Color coded water proof essential oil bottle labels.

White waterproof, oilproof Essential Oil Labels

Pipettes or eye droppers and mini funnels: Using one of these tools will prevent spills. No matter how careful I am, some of the oil ends up on the counter or the side of the bottle if I without the assistance. Another advantage is that you could be waiting a long time to get a drop from oils like vetiver. When the drop finally comes out, it’s a pretty big drop and your target (the top of the sample bottle) is tiny.

Learn from my mistake: One time, I grew impatient with vetiver while making several samples and took the orifice reducer off. OH MY! That was a HUGE mistake. It came out faster than I expected and ended up with a  pool of vetiver on the bottle and counter. Most of the spilled vetiver ended up on the necks of everyone in my house and the kitchen smelled like vetiver all day, even after the clean up. I love the smell, but it served to remind me to NEVER do that again!

Using a pipette or eyedropper will speed up the process and prevent messes. I would forgo the mini funnels for thick, slow oils like vetiver.

A large pack of pipettes make it easier to avoid cross contamination while creating samples.

These mini funnels fit bottles 4 oz or less.

Swiss Key or Press: I used to use a butter knife or my fingers to insert the orifice reducer or roller bottle into place. The knife often knocked the bottles over and caused the oil to spill. My fingers would hurt after a few sample creations, plus I was concerned about contamination with this method.

I personally use a Rollerbottle O-Pressto Orifice Aid for sample bottles and the end of a plug for roller bottles as seen below. This tool can only help you place the orifice reducer, it cannot help you remove it if you want to refill it. It’s not recommended for rollers because too much pressure on the roller can cause it to dislodge, rendering the roller useless.

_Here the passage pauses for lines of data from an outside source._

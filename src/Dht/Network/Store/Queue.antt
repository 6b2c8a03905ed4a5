-- ===== src/Dht/Network/Store/Queue.antt =====
-- The queue of the loop of Store: how it grows when the suggestions of a peer are followed.
use task_discovery_service.Prelude.{
  ℕ, suc, ◌+◌, ◌≤◌, ◌≡◌, ◌⊎◌, refl, sym, ap, subst, true, false, not, List, [], ◌∷◌, ◌++◌, Text,
  text_eq, text_beq, text_beq_iff, if_both, ltb, arith, length, keep_if, All, length-append,
  All-append, Bool-cases, inl, inr,
}
use task_discovery_service.Dht.{NodeId, Dht}
use task_discovery_service.Dht.Address.{hash_address}
use task_discovery_service.Dht.Ring.{distance, add_peer}
use task_discovery_service.Dht.Network.Store.{is_attempted, queue_closer}

abbrev pub IsIn : List Text → Text → Type 0
IsIn known addr = is_attempted addr known ≡ true

-- The addresses of a list that are not yet attempted.
abbrev pub unseen : List Text → List Text → ℕ
unseen known attempted = length (keep_if (λ addr. not (is_attempted addr attempted)) known)

pub unseen_le :
    (known attempted : List Text) (addr : Text)
    → unseen known (addr ∷ attempted) ≤ unseen known attempted
unseen_le [] attempted addr = omega arith
unseen_le (u ∷ known) attempted addr = ground (arith, unseen_le known attempted addr)

pub unseen_lt :
    (known attempted : List Text) (addr : Text)
    → IsIn known addr
    → is_attempted addr attempted ≡ false
    → suc (unseen known (addr ∷ attempted)) ≤ unseen known attempted
unseen_lt [] attempted addr h s = absurd (ground arith)
unseen_lt (u ∷ known) attempted addr h s = ground (
  arith,
  unseen_le known attempted addr,
  unseen_lt known attempted addr,
  text_beq_iff addr u,
  text_beq_iff u addr,
)

pub unseen_nil : (known : List Text) → unseen known [] ≡ length known
unseen_nil [] = refl
unseen_nil (u ∷ known) = ap suc (unseen_nil known)

IsIn-append_left : (queue more : List Text) (a : Text) → IsIn queue a → IsIn (queue ++ more) a
IsIn-append_left [] more a h = absurd (ground arith)
IsIn-append_left (q ∷ queue) more a h = ground (arith, IsIn-append_left queue more a)

IsIn-cons :
    (addr : Text) (queue : List Text) (a : Text) → IsIn (addr ∷ queue) a → (a ≡ addr) ⊎ IsIn queue a
IsIn-cons addr queue a h = elim (Bool-cases (text_beq a addr)) [
  | inl e ↦ inl ((text_beq_iff a addr).0 e)
  | inr e ↦ inr (ground arith)
]

pub IsIn-head : (addr : Text) (queue : List Text) → IsIn (addr ∷ queue) addr
IsIn-head addr queue = ground (arith, text_beq_iff addr addr)

pub IsIn-tail : (addr : Text) (queue : List Text) (a : Text) → IsIn queue a → IsIn (addr ∷ queue) a
IsIn-tail addr queue a h = ground arith

pub IsIn-seen :
    (addr : Text) (queue attempted : List Text)
    → IsIn attempted addr
    → (a : Text) → (IsIn (addr ∷ queue) a ⊎ IsIn attempted a)
    → (IsIn queue a ⊎ IsIn attempted a)
IsIn-seen addr queue attempted i a (inr w) = inr w
IsIn-seen addr queue attempted i a (inl w) = elim (IsIn-cons addr queue a w) [
  | inl e ↦ inr (rw e i)
  | inr w' ↦ inl w'
]

pub ended : (attempted : List Text) (a : Text) → (IsIn [] a ⊎ IsIn attempted a) → IsIn attempted a
ended attempted a (inl w) = absurd (ground arith)
ended attempted a (inr w) = w

pub IsIn-new :
    (addr : Text) (queue queue' attempted : List Text)
    → ((a : Text) → IsIn queue a → IsIn queue' a)
    → (a : Text) → (IsIn (addr ∷ queue) a ⊎ IsIn attempted a)
    → (IsIn queue' a ⊎ IsIn (addr ∷ attempted) a)
IsIn-new addr queue queue' attempted f a (inr w) = inr (IsIn-tail addr attempted a w)
IsIn-new addr queue queue' attempted f a (inl w) = elim (IsIn-cons addr queue a w) [
  | inl e ↦ inr (subst (IsIn (addr ∷ attempted)) (sym e) (IsIn-head addr attempted))
  | inr w' ↦ inl (f a w')
]

-- What becomes of the queue when an address is contacted: it grows by the addresses of the list
-- `known`, by at most `limit` of them.
pub record Grows (known : List Text) (limit : ℕ) (queue queue' : List Text) : Type 0 where
  pub within : All (IsIn known) queue → All (IsIn known) queue'
  pub bounded : length queue' ≤ length queue + limit
  pub kept : (a : Text) → IsIn queue a → IsIn queue' a

pub Grows-same : (known : List Text) (limit : ℕ) (queue : List Text) → Grows known limit queue queue
Grows-same known limit queue = record { within = λ h. h; bounded = omega arith; kept = λ a h. h }

Grows-by :
    (known : List Text) (limit : ℕ) (queue queue' : List Text) (addr : Text)
    → IsIn known addr
    → Grows known limit (queue ++ (addr ∷ [])) queue'
    → Grows known (suc limit) queue queue'
Grows-by known limit queue queue' addr i g = record {
  within = λ h. g.within (All-append (IsIn known) queue (addr ∷ []) h (i, tt));
  bounded = omega (arith, g.bounded, length-append queue (addr ∷ []));
  kept = λ a h. g.kept a (IsIn-append_left queue (addr ∷ []) a h);
}

pub Grows-more :
    (known : List Text) (limit more : ℕ) (queue queue' : List Text)
    → limit ≤ more
    → Grows known limit queue queue'
    → Grows known more queue queue'
Grows-more known limit more queue queue' h g = record {
  within = g.within;
  bounded = omega (arith, g.bounded);
  kept = g.kept;
}

module _ (sha256 : Text → NodeId) (known : List Text) where
  pub queue_closer-Grows :
      (task_hash : NodeId) (farthest now : ℕ) (attempted suggested queue : List Text) (d : Dht)
      → All (IsIn known) suggested
      → Grows known
          (length suggested)
          queue
          (queue_closer sha256 task_hash farthest now attempted suggested queue d).0
  unfolding queue_closer
  queue_closer-Grows task_hash farthest now attempted [] queue d h = Grows-same known 0 queue
  queue_closer-Grows task_hash farthest now attempted (addr ∷ suggested) queue d h =
      let n = length suggested in
      let d' = add_peer sha256 addr now d in
      let after : List Text → List Text =
        λ q. (queue_closer sha256 task_hash farthest now attempted suggested q d').0 in
      let next : (q : List Text) → Grows known n q (after q) =
        λ q. queue_closer-Grows task_hash farthest now attempted suggested q d' h.1 in
      let same = Grows-more known n (suc n) queue _ (omega arith) (next queue) in
      let IsNext : List Text → Type 0 = λ q. Grows known (suc n) queue (after q) in
      if_both IsNext (is_attempted addr attempted) queue _ same (
        if_both IsNext (ltb (distance task_hash (hash_address sha256 addr)) farthest) _ queue
          (Grows-by known n queue _ addr h.0 (next (queue ++ (addr ∷ [])))) same)
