-- ===== src/Tests/Beginnings.antt =====
-- The theorems on channels that are set up, proposals and installations at concrete contexts.
use indrav.Prelude.{ℕ, ◌≡◌, refl, some, [], ◌∷◌}
use indrav.Prelude.Dict.{insert}
use indrav.Prelude.Result.{ok}
use indrav.Types.{AppState}
use indrav.AppInstance.{AppInstance, set_app_state, app_to_json, app_from_json}
use indrav.StateChannel.{
  StateChannel, get_app_instance, new_state_channel, free_balance, setup_channel,
}
use indrav.StateChannel.Operations.{build, set_state, add_proposal}
use indrav.StateChannel.Updates.{StateSet, set_state-StateSet}
use indrav.Commitment.{Commitment}
use indrav.Machine.{Protocol, setup_params, propose_params, ProtocolMessage}
use indrav.Machine.Play.{play}
use indrav.Protocol.{opening, answer, with_signature}
use indrav.Protocol.Setup.{new_channel, setup_initiating, setup_responding}
use indrav.Protocol.Setup.Exchange.{setup-completes}
use indrav.Protocol.Propose.{
  initial_commitment, initiator_proposal, responder_proposal, pre_propose_channel,
  propose_initiating, propose_responding,
}
use indrav.Protocol.Propose.Agreement.{propose-completes}
use indrav.Tests.Toy.{toy, toy_chain, toy_ethereum, network, blank, value_of}
use indrav.Tests.Table.{
  table, balance_app, context_of, receives, signer_of, some_commitment, setup, propose,
}

abbrev response : Protocol → ℕ → ProtocolMessage
response protocol s = answer 1 protocol 1 (with_signature s)

abbrev fresh : StateChannel
fresh = value_of blank (new_channel (context_of setup))

abbrev fresh_balance : AppInstance
fresh_balance = value_of balance_app (free_balance fresh)

makes : new_channel (context_of setup) ≡ ok fresh
unfolding setup_channel new_state_channel
makes = refl

fresh_has_balance : free_balance fresh ≡ ok fresh_balance
unfolding setup_channel new_state_channel free_balance
fresh_has_balance = refl

setup-completes_example :
    (play (signer_of 2) [] (setup_responding (receives setup 100)) ≡ record {
      persisted = (fresh ∷ []) ∷ [];
      sent = response Protocol.setup 200 ∷ [];
      result = some (insert fresh.multisig_address fresh ((77, table) ∷ []));
    })
    × (play (signer_of 1) (response Protocol.setup 200 ∷ []) (setup_initiating (context_of setup))
        ≡ record {
          persisted = (fresh ∷ []) ∷ [];
          sent = opening 1 Protocol.setup (setup_params setup) 2 100 ∷ [];
          result = some (insert fresh.multisig_address fresh ((77, table) ∷ []));
        })
setup-completes_example =
    setup-completes setup (context_of setup) (receives setup 100) (signer_of 1) (signer_of 2) refl
      refl refl makes fresh_has_balance refl refl refl

abbrev proposed_i : StateChannel
proposed_i = value_of blank (add_proposal (initiator_proposal propose table) table)

abbrev proposed_r : StateChannel
proposed_r = value_of blank (add_proposal (responder_proposal propose table) table)

abbrev proposal_commitment : Commitment
proposal_commitment = value_of some_commitment (initial_commitment network propose table)

starts_from : pre_propose_channel propose ((77, table) ∷ []) ≡ ok table
unfolding pre_propose_channel
starts_from = refl

adds_i : add_proposal (initiator_proposal propose table) table ≡ ok proposed_i
unfolding add_proposal build new_state_channel
adds_i = refl

adds_r : add_proposal (responder_proposal propose table) table ≡ ok proposed_r
unfolding add_proposal build new_state_channel
adds_r = refl

commits_proposal : initial_commitment network propose table ≡ ok proposal_commitment
unfolding initial_commitment
commits_proposal = refl

propose-completes_example :
    (play (signer_of 2) [] (propose_responding (receives propose 100)) ≡ record {
      persisted = (proposed_r ∷ []) ∷ [];
      sent = response Protocol.propose 200 ∷ [];
      result = some (insert proposed_r.multisig_address proposed_r ((77, table) ∷ []));
    })
    × (play
          (signer_of 1)
          (response Protocol.propose 200 ∷ [])
          (propose_initiating (context_of propose))
        ≡ record {
          persisted = (proposed_i ∷ []) ∷ [];
          sent = opening 1 Protocol.propose (propose_params propose) 2 100 ∷ [];
          result = some (insert proposed_i.multisig_address proposed_i ((77, table) ∷ []));
        })
propose-completes_example =
    propose-completes propose (context_of propose) (receives propose 100) (signer_of 1)
      (signer_of 2) refl refl refl starts_from starts_from adds_i adds_r commits_proposal refl refl
      refl

abbrev retold : StateChannel
retold = value_of blank (set_state 3306 (AppState.opaque 5) table)

retells : set_state 3306 (AppState.opaque 5) table ≡ ok retold
unfolding set_state get_app_instance set_app_state app_to_json app_from_json build new_state_channel
retells = refl

set_state-StateSet_example : StateSet 3306 (AppState.opaque 5) table retold
set_state-StateSet_example = set_state-StateSet 3306 (AppState.opaque 5) table retells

Many people use an Essential Oil Swiss Key because it takes up significantly less space, seats orifice reducers and rollers into bottles, and assists in removing orifice reducers and rollers from bottles.

If you are in a pinch because you don’t have one of these, my hack is to use a standard 2 pronged plug from any electrical device to put the roller onto a bottle.

Essential Oil Swiss Key for sample sized, 5 ml, and 15 ml bottles.

Rollerbottle O-Pressto Orifice Aid

Keychain Travel Bag: There are times when you might fill one of these for yourself or give away several sample bottles at a time. A Keychain travel bag makes it easier to keep the oils handy on the go- because there’s nothing quite so frustrating as needing an oil and not having it with you. Black not your color? They come in many different colors.

This is black keychain travel bag that holds 8 1 or 2 ml bottles.

This key-chain holds 10 bottles and comes with 1 5/8 dram roller bottles.

Writing about creating essential oil sample gifts reminds me that I print out this card to give with my little gift bags of gold, frankincense, and myrrh at Christmas time. Download it and print it out onto card stock, get a hole punch and add a ribbon to it, then add it to the gift bag for your essential oils. Viola! You have a memorable Christmas gift.


I like to use draw string gift bags like this because it’s easier to find the frankincense, myrrh, and the “gold” (chocolate wrapped in gold foil). Plus, I can see right away that everything that nothing fell out.